# [Problem to solve]
Please return only the lines from the one holding "ClaudePorts W) where" through the one holding "(returned r, s')", exactly as they appear in the records below, both ends included.

─── Extracted records ───

-- ===== src/Claude/Launch/Landing.antt =====
-- claude-launch.ts, launchClaudeFresh: what a launch that returns has come to once its contents are
-- there, and what the failures before that come to.
use agx.Prelude.{
  String, ◌≡◌, refl, sym, ap, subst, ◌∙◌, Option, none, some, List, [], ◌∷◌, arith, ◌⊎◌, inl, inr,
  nat_eq,
}
use agx.Prelude.Dict.{get, get-put_self}
use agx.Prelude.Outcome.{Outcome, returned, thrown}
use agx.Prelude.Exec.{Exec, >>=-eq-returned, pure-returned}
use agx.Prelude.Checked.{Checked, ok, refused}
use agx.Facts.{known}
use agx.Activation.{
  LaunchPhase, LaunchPlan, ObservedOutcome, outcome_phase, apply_failed, observed,
  transition_launch_plan,
}
use agx.Activation.Phases.{SamePlan, transition-SamePlan}
use agx.Activation.History.{SamePlan-trans}
use agx.Plans
use agx.Plans.{same_phase, client_tag}
use agx.Launch.World.{State, Ports, SpawnResult}
use agx.Launch.Running.{attempt_message}
use agx.Queries.{Lookup}
use agx.Claude.Capability.{CapabilityNote}
use agx.Claude.Manifest.{Manifest, compiled, compile_manifest}
use agx.Claude.AdapterPlan.{AdapterPlan, compile_adapter_plan}
use agx.Claude.World.{Materialization, ClaudePorts, ObservationStage, LaunchOutcome}
use agx.Claude.Delivery.{
  BlockedDelivery, Deliveries, deliveries_of, derive_claude_outcome, apply_result, final_argv,
}
use agx.Claude.Delivery.Expecting.{
  started_with, command_line, claude_end, left_out, final_argv_lem, apply_result_lem, derive_lem,
}
use agx.Claude.Launch.{
  Assembly, spawn_claude, params_of, failed_outcome, observed_outcome_of, step_saved, fail_launch,
  observe_launch, after_spawn, launch_delivered,
}

-- What a launch of the plan runs: the revision that was found for the plan, the manifest compiled
-- from it, the directory made for the plan's operation, and the contents put there.
pub record Assembled {W : Type 0} (ports : Ports W) (claude : ClaudePorts W) (plan : LaunchPlan)
    (a : Assembly) : Type 0 where
  pub looked :
      (s : State W) × (s' : State W) × (ports.find_revision plan.revision_id s
        ≡ (returned (Lookup.revision a.revision), s'))
  pub has_compiled :
      (notes : List CapabilityNote) × (now : String) × (compile_manifest a.revision notes now
        ≡ compiled a.manifest)
  pub adapted : a.adapter ≡ compile_adapter_plan a.manifest
  pub made_dir :
      (s : State W) × (s' : State W) × (claude.prepare_dir plan.operation_id s
        ≡ (returned a.dir, s'))

abbrev pub Materialized : {W : Type 0} → ClaudePorts W → Assembly → Materialization → Type 0
Materialized {W} claude a m =
    (s : State W) × (s' : State W) × (claude.materialize a.revision a.dir s ≡ (returned m, s'))

-- A process was started in the directory of such a launch, with the command line that the manifest,
-- the revision and the contents ask for, and was seen to end; the plan has the outcome and the phase
-- that this end stands for.
pub record SeenToEnd {W : Type 0} (ports : Ports W) (claude : ClaudePorts W) (plan : LaunchPlan)
    (o : LaunchOutcome) : Type 0 where
  pub assembly : Assembly
  pub contents : Materialization
  pub result : SpawnResult
  pub before : State W
  pub after : State W
  pub assembled : Assembled ports claude plan assembly
  pub materialized : Materialized claude assembly contents
  pub has_manifest : o.manifest ≡ some assembly.manifest
  pub spawned :
      claude.spawn (started_with assembly.revision assembly.manifest contents assembly.dir) before
      ≡ (returned result, after)
  pub outcome : ObservedOutcome
  pub outcome_of_end :
      outcome ≡ (claude_end result (left_out assembly.revision assembly.manifest contents)).0
  pub has_outcome : o.plan.observed_outcome ≡ known outcome
  pub has_phase : o.plan.phase ≡ outcome_phase outcome

-- The plan did not get to a process and has failed, or its process was seen to end.
abbrev pub Ends : {W : Type 0} → Ports W → ClaudePorts W → LaunchPlan → LaunchOutcome → Type 0
Ends ports claude plan o =
    ((o.stage ≡ ObservationStage.planned) × (o.plan.phase ≡ LaunchPhase.failed))
    ⊎ ((o.stage ≡ ObservationStage.observed) × SeenToEnd ports claude plan o)

-- The outcome is about the plan that was launched, and its plan is the one that is stored.
pub record Landed {W : Type 0} (ports : Ports W) (claude : ClaudePorts W) (plan : LaunchPlan)
    (o : LaunchOutcome) (s' : State W) : Type 0 where
  pub same_plan : SamePlan plan o.plan
  pub is_stored : get o.plan.plan_id s'.plans ≡ some o.plan
  pub ends : Ends ports claude plan o

failed_phase :
    (plan r : LaunchPlan) (reason : String)
    → transition_launch_plan plan (apply_failed reason) ≡ ok r
    → r.phase ≡ LaunchPhase.failed
unfolding transition_launch_plan
failed_phase plan r reason e = ground arith

observed_phase :
    (plan r : LaunchPlan) (o : ObservedOutcome) (reason : Option String)
    → transition_launch_plan plan (observed o reason) ≡ ok r
    → (r.observed_outcome ≡ known o) × (r.phase ≡ outcome_phase o)
unfolding transition_launch_plan
observed_phase plan r o none e = (ground arith, ground arith)
observed_phase plan r o (some reason) e = (ground arith, ground arith)

-- The plan that a call returned is stored.
abbrev Kept : {W : Type 0} → Outcome LaunchPlan × State W → Type 0
Kept (returned r, t) = get r.plan_id t.plans ≡ some r
Kept (thrown x, t) = Unit

pub attempt_message-ok :
    {S A : Type 0} (m : Exec S A) (a : A) (s t : S)
    → attempt_message m s ≡ (returned (ok a), t)
    → m s ≡ (returned a, t)
attempt_message-ok {S} {A} m a s t e = from_result (m s) e
  where
    from_result :
        (x : Outcome A × S)
        → attempt_message (λ (u : S). x) s ≡ (returned (ok a), t)
        → x ≡ (returned a, t)
    from_result (returned b, u) e = cc
    from_result (thrown message, u) e = absurd (cc)

module _ {W : Type 0} (ports : Ports W) (claude : ClaudePorts W) where
  step_saved-stored :
      (c : Checked LaunchPlan) (plan r : LaunchPlan) (event : String) (s s' : State W)
      → step_saved ports claude c plan event s ≡ (returned r, s')
      → (c ≡ ok r) × (get r.plan_id s'.plans ≡ some r)
  unfolding step_saved Plans.save
  step_saved-stored (refused reason) plan r event s s' e = absurd (cc)
  step_saved-stored (ok plan') plan r event s s' e = (
    cc,
    subst (λ (x : Outcome LaunchPlan × State W). Kept x) e
        (get-put_self plan'.plan_id plan' s.plans),
  )

  pub fail_launch-Landed :
      (plan : LaunchPlan) (reason : String) (manifest : Option Manifest)
      (adapter : Option AdapterPlan) (affected : List String) (recovery : String)
      (o : LaunchOutcome) (s s' : State W)
      → fail_launch ports claude plan reason manifest adapter affected recovery s ≡ (returned o, s')
      → Landed ports claude plan o s'
  unfolding fail_launch
  fail_launch-Landed plan reason manifest adapter affected recovery o s s' e =
      let (r, saved, same) =
        pure-returned
          (step_saved ports claude (transition_launch_plan plan (apply_failed reason)) plan
            "apply-failed")
          (failed_outcome manifest adapter affected recovery) e in
      let (accepted, stored) = step_saved-stored _ plan r _ s s' saved in
      subst (λ (x : LaunchOutcome). Landed ports claude plan x s') same
        (record {
          same_plan = transition-SamePlan plan r _ accepted;
          is_stored = stored;
          ends = inl (refl, failed_phase plan r reason accepted);
        })

  -- The process that ended was started for this assembly.
  abbrev Spawned : Assembly → Materialization → SpawnResult → Type 0
  Spawned a m result =
      (before : State W) × (after : State W) × (claude.spawn
          (started_with a.revision a.manifest m a.dir) before
        ≡ (returned result, after))

  observe_launch-Landed :
      (plan : LaunchPlan) (result : SpawnResult) (a : Assembly) (d : Deliveries)
      (m : Materialization) (o : LaunchOutcome) (s s' : State W)
      → Assembled ports claude plan a
      → Materialized claude a m
      → Spawned a m result
      → observe_launch ports claude plan result a d m s ≡ (returned o, s')
      → Landed ports claude plan o s'
  unfolding observe_launch
  observe_launch-Landed plan result a d m o s s' assembled contents (before, after, spawned) e =
      let x = derive_claude_outcome result (apply_result a.revision a.manifest m) in
      let (begun, t, start, rest) =
        >>=-eq-returned (step_saved ports claude _ plan "process-started") _ e in
      let (begins, _) = step_saved-stored _ plan begun _ s t start in
      let (r, saved, same) =
        pure-returned
          (step_saved ports claude (transition_launch_plan begun (observed x.0 x.1)) begun
            "observed")
          (observed_outcome_of x.0 a d) rest in
      let (ended, stored) = step_saved-stored _ begun r _ t s' saved in
      let ends = observed_phase begun r x.0 x.1 ended in
      let stands_for =
        ap (derive_claude_outcome result) (apply_result_lem a.revision a.manifest m)
        ∙ derive_lem result (left_out a.revision a.manifest m) in
      subst (λ (y : LaunchOutcome). Landed ports claude plan y s') same
        (record {
          same_plan =
              SamePlan-trans plan begun r (transition-SamePlan plan begun _ begins)
                (transition-SamePlan begun r _ ended);
          is_stored = stored;
          ends = inr (
            refl,
            record {
              assembly = a;
              contents = m;
              result = result;
              before = before;
              after = after;
              assembled = assembled;
              materialized = contents;
              has_manifest = refl;
              spawned = spawned;
              outcome = x.0;
              outcome_of_end = ap (λ (y : ObservedOutcome × Option String). y.0) stands_for;
              has_outcome = ends.0;
              has_phase = ends.1;
            },
          );
        })

  after_spawn-Landed :
      (c : Checked SpawnResult) (plan : LaunchPlan) (a : Assembly) (d : Deliveries)
      (m : Materialization) (o : LaunchOutcome) (s s' : State W)
      → Assembled ports claude plan a
      → Materialized claude a m
      → ((result : SpawnResult) → c ≡ ok result → Spawned a m result)
      → after_spawn ports claude c plan a d m s ≡ (returned o, s')
      → Landed ports claude plan o s'
  unfolding after_spawn
  after_spawn-Landed (refused message) plan a d m o s s' assembled contents spawned e =
      fail_launch-Landed plan _ _ _ _ _ o s s' e
  after_spawn-Landed (ok result) plan a d m o s s' assembled contents spawned e =
      observe_launch-Landed plan result a d m o s s' assembled contents (spawned result refl) e

  spawn_claude-Spawned :
      (a : Assembly) (m : Materialization) (result : SpawnResult) (s s' : State W)
      → a.adapter ≡ compile_adapter_plan a.manifest
      → attempt_message
          (spawn_claude ports claude (params_of a (deliveries_of a.revision a.manifest m)))
          s
        ≡ (returned (ok result), s')
      → Spawned a m result
  spawn_claude-Spawned a m result s s' adapted e =
      let d = deliveries_of a.revision a.manifest m in
      let (u, t, told, spawned) =
        >>=-eq-returned ports.on_spawning (λ u. claude.spawn (params_of a d)) {s = s}
          (attempt_message-ok (spawn_claude ports claude (params_of a d)) result s s' e) in
      let argv : final_argv a.adapter d ≡ command_line a.revision a.manifest m =
        ap (λ adapter. final_argv adapter d) adapted ∙ final_argv_lem a.revision a.manifest m in
      (
        t,
        s',
        ap (λ argv. claude.spawn (record { argv = argv; config_dir = a.dir; cwd = a.dir }) t)
              (sym argv)
            ∙ spawned,
      )

  pub launch_delivered-Landed :
      (blocks : List BlockedDelivery) (plan : LaunchPlan) (a : Assembly) (m : Materialization)
      (o : LaunchOutcome) (s s' : State W)
      → Assembled ports claude plan a
      → Materialized claude a m
      → launch_delivered ports claude blocks plan a (deliveries_of a.revision a.manifest m) m s
        ≡ (returned o, s')
      → Landed ports claude plan o s'
  unfolding launch_delivered
  launch_delivered-Landed (b ∷ blocks) plan a m o s s' assembled contents e =
      fail_launch-Landed plan _ _ _ _ _ o s s' e
  launch_delivered-Landed [] plan a m o s s' assembled contents e =
      let d = deliveries_of a.revision a.manifest m in
      let (launched_at, t, timed, rest) = >>=-eq-returned ports.now _ e in
      let (path, t₁, wrote, rest₁) = >>=-eq-returned (claude.write_context _) _ rest in
      let (c, t₂, attempted, rest₂) =
        >>=-eq-returned (attempt_message (spawn_claude ports claude (params_of a d)))
          (λ c. after_spawn ports claude c plan a d m) {s = t₁} rest₁ in
      after_spawn-Landed c plan a d m o t₂ s' assembled contents
        (λ result same.
          spawn_claude-Spawned a m result t₁ t₂ assembled.adapted
            (attempted ∙ ap (λ c. (returned c, t₂)) same))
        rest₂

───

# [Written reply]
module _ {W : Type 0} (ports : Ports W) (claude : ClaudePorts W) where
  step_saved-stored :
      (c : Checked LaunchPlan) (plan r : LaunchPlan) (event : String) (s s' : State W)
      → step_saved ports claude c plan event s ≡ (returned r, s')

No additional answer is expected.